# Need a little rod repair / touch up work



## GROUPERKING (Sep 28, 2011)

I have several rods that have the coating coming off the threads . I would like to have these touched up. I thought you guys could point me in the right direction.


----------



## choppinlow (Jun 11, 2016)

If I was closer, I would do it for you. Free of course. If you come North around the Auburn, AL area I would be glad to help you out.


----------



## 60hertz (Oct 1, 2007)

How many is "several?"


----------



## submariner (Oct 2, 2007)

all you need is some of the "stuff" they put on the windings. 
1. they sell it by the bottle
2 or I have some that you can use.

trick is not to put too much on at one time or to have a turning table


----------



## aqua-holic (Jan 23, 2010)

Russ, I am in Grand Bay Al, and would be happy to fix them up for you - if you want to drop them off.

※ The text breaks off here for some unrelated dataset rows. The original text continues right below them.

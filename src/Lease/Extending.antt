-- ===== src/Lease/Extending.antt =====
-- Which error an extension or a handover ends with, by the replies of the servers.
use election_agent.Prelude.{
  ℕ, ◌≤◌, ◌<◌, String, ◌≡◌, refl, ◌∙◌, ◌↔◌, inl, inr, Bool, true, false, Option, none, some, List,
  arith, ltb, leb, if◌then◌else◌, lt→ltb, leb→le, le→leb, lt→leb, ge→ltb, Bool-cases, length,
  count_if,
}
use election_agent.Errors.{
  Error, redlock_taken, unavailable, lease_taken, nonexist, extend_failed, handover_failed,
  handover_fail_nil, Multierror,
}
use election_agent.Errors.Walk.{as_any, is_redlock_taken}
use election_agent.Redlock.Quorum.{Reply, quorum_of, act_status_op}
use election_agent.Redlock.Quorum.Verdict.{
  is_ok, is_taken, act_status_op-n_iff, act_status_op-none_iff,
}
use election_agent.Redlock.Quorum.Content.{
  IsPlain, as_opt, hits, act_status_op-as_opt, act_status_op-taken,
}
use election_agent.Redlock.Mutex.{Float64, Mutex, Call, still_valid, timed_result}
use election_agent.Driver.Health.{is_unhealthy}
use election_agent.Driver.Health.Majority.{net_failed, act_status_op-is_unhealthy}
use election_agent.Lease.{Run, done, panic, taken_result, extend_result, handover_result}

-- No client library returns an error of type *redlock.TakenError.
abbrev pub NoForeignTaken : List Reply → Type 0
NoForeignTaken rs = hits is_redlock_taken rs ≡ false

taken-IsPlain : IsPlain is_redlock_taken
taken-IsPlain = record { at_text = λ m. refl; at_wrap = λ m e. refl; at_multi = λ es. refl }

-- The outcomes of an extension or a handover.
pub data ExtendOutcome : Type 0 where
  extended failed_extend held_by_other cut_off missing crashed : ExtendOutcome

abbrev pub extend_outcome : Run (Option Error) → ExtendOutcome
extend_outcome panic = crashed
extend_outcome (done none) = extended
extend_outcome (done (some (unavailable e))) = cut_off
extend_outcome (done (some (lease_taken ns))) = held_by_other
extend_outcome (done (some (nonexist l))) = missing
extend_outcome (done (some (handover_fail_nil l h))) = missing
extend_outcome (done (some _)) = failed_extend

-- Granted by a majority, in time or too late; else unreachable for a majority; else taken by a
-- majority; else too few answers. Never a missing lease, and never a crash.
abbrev pub extend_spec : ℕ → Bool → List Reply → ExtendOutcome
extend_spec q in_time rs =
    if leb q (count_if is_ok rs)
    then (if in_time then extended else failed_extend)
    else if leb q (count_if net_failed rs)
    then cut_off
    else if leb q (count_if is_taken rs)
    then held_by_other
    else failed_extend

-- The two mappings agree up to the text of the error.
handover_result-outcome :
    (q : ℕ) (name holder : String) (out : Bool × Option Error)
    → extend_outcome (handover_result q name holder out) ≡ extend_outcome (extend_result q name out)
unfolding handover_result extend_result
handover_result-outcome q name holder (true, none) = refl
handover_result-outcome q name holder (false, none) = refl
handover_result-outcome q name holder (ok, some e) = elim (Bool-cases (is_unhealthy q (some e))) [
  | inl u ↦ rw u
  | inr u ↦ elim (Bool-cases (as_any is_redlock_taken e)) [ inl t ↦ rw (u, t) | inr t ↦ rw (u, t) ]
]

taken_facts :
    (q : ℕ) (e : Error) (ns : List ℕ)
    → e ≡ redlock_taken ns
    → (is_unhealthy q (some e) ≡ false)
      × (as_any is_redlock_taken e ≡ true)
      × (taken_result e ≡ done (some (lease_taken ns)))
unfolding is_unhealthy as_any
taken_facts q e ns h = (rw h, rw h, rw h)

error_cases :
    (q : ℕ) (name : String) (e : Error) (nets takens : ℕ)
    → is_unhealthy q (some e) ≡ leb q nets
    → (q ≤ takens → (ns : List ℕ) × (some e ≡ some (redlock_taken ns)))
    → (takens < q → as_any is_redlock_taken e ≡ false)
    → extend_outcome (extend_result q name (false, some e))
      ≡ (if leb q nets then cut_off else if leb q takens then held_by_other else failed_extend)
unfolding extend_result
error_cases q name e nets takens c d f = elim (Bool-cases (leb q takens)) [
  | inl t ↦
      let (ns, p) = d (leb→le q takens t) in
      let h : e ≡ redlock_taken ns = cc in ground (arith, taken_facts q e ns h)
  | inr t ↦ ground (arith, f)
]

late_cases :
    (q : ℕ) (name : String)
    → (extend_outcome (extend_result q name (false, some extend_failed)) ≡ failed_extend)
      × (extend_outcome (extend_result q name (false, some handover_failed)) ≡ failed_extend)
unfolding extend_result is_unhealthy as_any
late_cases q name = (refl, refl)

extend_cases :
    (q : ℕ) (name : String) (late : Error) (in_time : Bool) (out : ℕ × Option Error)
    (oks nets takens : ℕ)
    → extend_outcome (extend_result q name (false, some late)) ≡ failed_extend
    → ((q ≤ out.0) ↔ (out.1 ≡ none))
    → ((out.1 ≡ none) ↔ (q ≤ oks))
    → is_unhealthy q out.1 ≡ leb q nets
    → (q ≤ takens → (ns : List ℕ) × (out.1 ≡ some (redlock_taken ns)))
    → (takens < q → oks < q → as_opt is_redlock_taken out.1 ≡ false)
    → extend_outcome (
        extend_result q name (
          if ltb out.0 q
          then (false, out.1)
          else if in_time
          then (true, none)
          else (false, some late)))
      ≡ (if leb q oks
          then (if in_time then extended else failed_extend)
          else if leb q nets
          then cut_off
          else if leb q takens
          then held_by_other
          else failed_extend)
extend_cases q name late in_time (n, none) oks nets takens l a b c d f =
    rw (le→leb q oks (b.0 refl), ge→ltb n q (a.1 refl))
      (elim in_time
        as (λ t.
          extend_outcome (extend_result q name (if t then (true, none) else (false, some late)))
          ≡ (if t then extended else failed_extend)) [
            | true ↦ unfold extend_result in refl
            | false ↦ l
          ])
extend_cases q name late in_time (n, some e) oks nets takens l a b c d f =
    let few : oks < q = ground (arith, b.1) in
    rw (lt→ltb n q (ground (arith, a.0)), lt→leb oks q few)
      (error_cases q name e nets takens c d (λ t. f t few))

module _ (F : Float64) ⦃lib : Multierror⦄ where
  timed_outcome :
      (m : Mutex F) (late : Error) (fail_fast : Bool) (c : Call) (rs : List Reply)
      → extend_outcome (extend_result (quorum_of (length rs)) m.name (false, some late))
        ≡ failed_extend
      → NoForeignTaken rs
      → let q = quorum_of (length rs) in
        extend_outcome
          (extend_result q m.name (timed_result F m late q c (act_status_op fail_fast q rs)))
        ≡ extend_spec q (still_valid F m c) rs
  timed_outcome m late fail_fast c rs l clean =
      let q = quorum_of (length rs) in
      extend_cases q m.name late (still_valid F m c) (act_status_op fail_fast q rs)
        (count_if is_ok rs) (count_if net_failed rs) (count_if is_taken rs) l
        (act_status_op-n_iff fail_fast rs) (act_status_op-none_iff fail_fast rs)
        (act_status_op-is_unhealthy fail_fast rs) (act_status_op-taken fail_fast q rs)
        (λ h k. act_status_op-as_opt is_redlock_taken taken-IsPlain fail_fast q rs h k ∙ clean)

  -- The outcome of Extend on every list of replies, at their majority quorum, if no client library
  -- returns a TakenError of redlock: with a majority extended if in time and else failed; else
  -- unavailable if a majority failed in the network; else taken if a majority has it taken; else
  -- failed. It is never a missing lease and never a nil dereference.
  pub extend_result_lem :
      (m : Mutex F) (c : Call) (rs : List Reply)
      → NoForeignTaken rs
      → let q = quorum_of (length rs) in
        extend_outcome
          (extend_result q m.name (timed_result F m extend_failed q c (act_status_op true q rs)))
        ≡ extend_spec q (still_valid F m c) rs
  extend_result_lem m c rs clean =
      timed_outcome m extend_failed true c rs (late_cases _ m.name).0 clean

  -- The outcome of Handover on every list of replies, at their majority quorum, if no client
  -- library returns a TakenError of redlock: with a majority done if in time and else failed; else
  -- unavailable if a majority failed in the network; else taken if a majority has it taken; else
  -- failed. It is never the failure without an error and never a nil dereference.
  pub handover_result_lem :
      (m : Mutex F) (holder : String) (c : Call) (rs : List Reply)
      → NoForeignTaken rs
      → let q = quorum_of (length rs) in
        extend_outcome (
          handover_result q m.name holder
            (timed_result F m handover_failed q c (act_status_op false q rs)))
        ≡ extend_spec q (still_valid F m c) rs
  handover_result_lem m holder c rs clean =
      handover_result-outcome _ m.name holder _
      ∙ timed_outcome m handover_failed false c rs (late_cases _ m.name).1 clean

PM me if you are interested.

Steve


----------



## GROUPERKING (Sep 28, 2011)

Thanks everybody 

Sent from my SM-G900V using Tapatalk


----------



## GROUPERKING (Sep 28, 2011)

60hertz said:


> How many is "several?"


 Probably 4 or 5 rods.


----------



## aqua-holic (Jan 23, 2010)

That would take a full day. I like to spin dry them for at least 6 hours, and prefer 12-24, so the epoxy has time to cure. I only have capacity to dry four at a time. You could drop them one off one day and pick them up the next.
Let me know, I'm retired, so I'm around most of the time. I think you are about an hour from where I live.

Steve


----------